Hence, the phrase "device or arrangement" in Section 1 of RA No. 4200, although not exclusive to that enumerated therein, should be
construed to comprehend instruments of the same or similar nature, that is, instruments the use of which would be tantamount to
tapping the main line of a telephone. It refers to instruments whose installation or presence cannot be presumed by the party or parties
being overheard because, by their very nature, they are not of common usage and their purpose is precisely for tapping, intercepting or
recording a telephone conversation.
An extension telephone is an instrument which is very common especially now when the extended unit does not have to be connected
by wire to the main telephone but can be moved from place ' to place within a radius of a kilometer or more. A person should safely
presume that the party he is calling at the other end of the line probably has an extension telephone and he runs the risk of a third party
listening as in the case of a party line or a telephone unit which shares its line with another. As was held in the case of Rathbun v.
United States (355, U.S. 107, 2 L Ed 2d 137-138):
Common experience tells us that a call to a particular telephone number may cause the bell to ring in more than one ordinarily used
instrument.
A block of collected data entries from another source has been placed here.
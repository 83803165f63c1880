-- ===== src/Toolloop/Tools.antt =====
-- internal/toolloop/tools.go: the tools that a model may call, and how a call of one ends. What a tool brings
-- when it is invoked at a turn, and the wording of the refusals, are parameters.
pub mod Answers
use dispute_router.Common.{
  ℕ, String, str_eq, Bool, true, false, List, [], ◌∷◌, map, Option, none, some, ltb, if◌then◌else◌,
  length,
}
use dispute_router.Common.Bytes.{Bytes}
use dispute_router.Llm.{Tool, ToolUse}

-- `Rule`; `not_refused` is the empty string.
pub data Rule : Type 0 where
  not_refused unknown_tool invalid_arguments not_found result_too_large : Rule

-- `ToolResult`.
pub record ToolResult : Type 0 where
  pub tool_use_id : String
  pub content : Bytes
  pub is_error : Bool
  pub rule : Rule

-- The errors that ruleFor tells apart, by what they wrap.
pub data ToolError : Type 0 where
  wraps_invalid_arguments wraps_invalid_input wraps_not_found other_error : ToolError

-- What an invocation brings: the JSON of its value, a value that does not encode, or an error with its text.
pub data Invoked : Type 0 where
  value : Bytes → Invoked
  not_encodable : Invoked
  raised : ToolError → Bytes → Invoked

-- `disputetools.Definition`: an entry of the catalog.
pub record Definition : Type 0 where
  pub tool : Tool
  pub invoke : ℕ → Bytes → Invoked

-- The texts that refuse a name and a length.
pub record Wording : Type 0 where
  pub no_tool_named : String → List String → Bytes
  pub too_many_bytes : ℕ → Bytes

pub record Registry : Type 0 where
  pub catalog : List Definition
  pub wording : Wording

abbrev pub max_result_bytes : ℕ
max_result_bytes = 32768

-- `byName[name]`: of two entries with one name the map holds the later.
unfoldable pub by_name : String → List Definition → Option Definition
by_name name [] = none
by_name name (d ∷ ds) = elim (by_name name ds) [
  | some e ↦ some e
  | none ↦ if str_eq d.tool.name name then some d else none
]

-- `Registry.Tools`.
unfoldable pub tools_of : List Definition → List Tool
tools_of [] = []
tools_of (d ∷ ds) = d.tool ∷ tools_of ds

-- `Registry.Names`.
unfoldable pub names_of : List Definition → List String
names_of [] = []
names_of (d ∷ ds) = d.tool.name ∷ names_of ds

-- `ruleFor`.
unfoldable pub rule_for : ToolError → Option Rule
rule_for wraps_invalid_arguments = some invalid_arguments
rule_for wraps_invalid_input = some invalid_arguments
rule_for wraps_not_found = some not_found
rule_for other_error = none

-- `refuse`.
unfoldable pub refuse : ToolUse → Rule → Bytes → ToolResult
refuse u rule reason = record { tool_use_id = u.id; content = reason; is_error = true; rule = rule }

refused_by : ToolUse → Bytes → Option Rule → Option ToolResult
unfolding refuse
refused_by u text none = none
refused_by u text (some rule) = some (refuse u rule text)

-- `Run` from the invocation on.
unfoldable pub settle : Wording → Bool → ToolUse → Invoked → Option ToolResult
unfolding refuse refused_by rule_for
settle w cancelled u (raised e text) = if cancelled then none else refused_by u text (rule_for e)
settle w cancelled u not_encodable = none
settle w cancelled u (value encoded) =
    if ltb max_result_bytes (length encoded)
    then some (refuse u result_too_large (w.too_many_bytes (length encoded)))
    else some record { tool_use_id = u.id; content = encoded; is_error = false; rule = not_refused }

-- `Registry.Run`; `none` is an error, which ends the run.
unfoldable pub run_tool : Registry → Bool → ℕ → ToolUse → Option ToolResult
unfolding settle by_name names_of refuse
run_tool r cancelled turn u = elim (by_name u.name r.catalog) [
  | none ↦ some (refuse u unknown_tool (r.wording.no_tool_named u.name (names_of r.catalog)))
  | some def ↦ settle r.wording cancelled u (def.invoke turn u.input)
]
Each party to a telephone conversation takes the risk that the other party may have an extension telephone and may allow
another to overhear the conversation. When such takes place there has been no violation of any privacy of which the parties may
complain. Consequently, one element of 605, interception, has not occurred.
In the same case, the Court further ruled that the conduct of the party would differ in no way if instead of repeating the message he held
out his hand-set so that another could hear out of it and that there is no distinction between that sort of action and permitting an outsider
to use an extension telephone for the same purpose.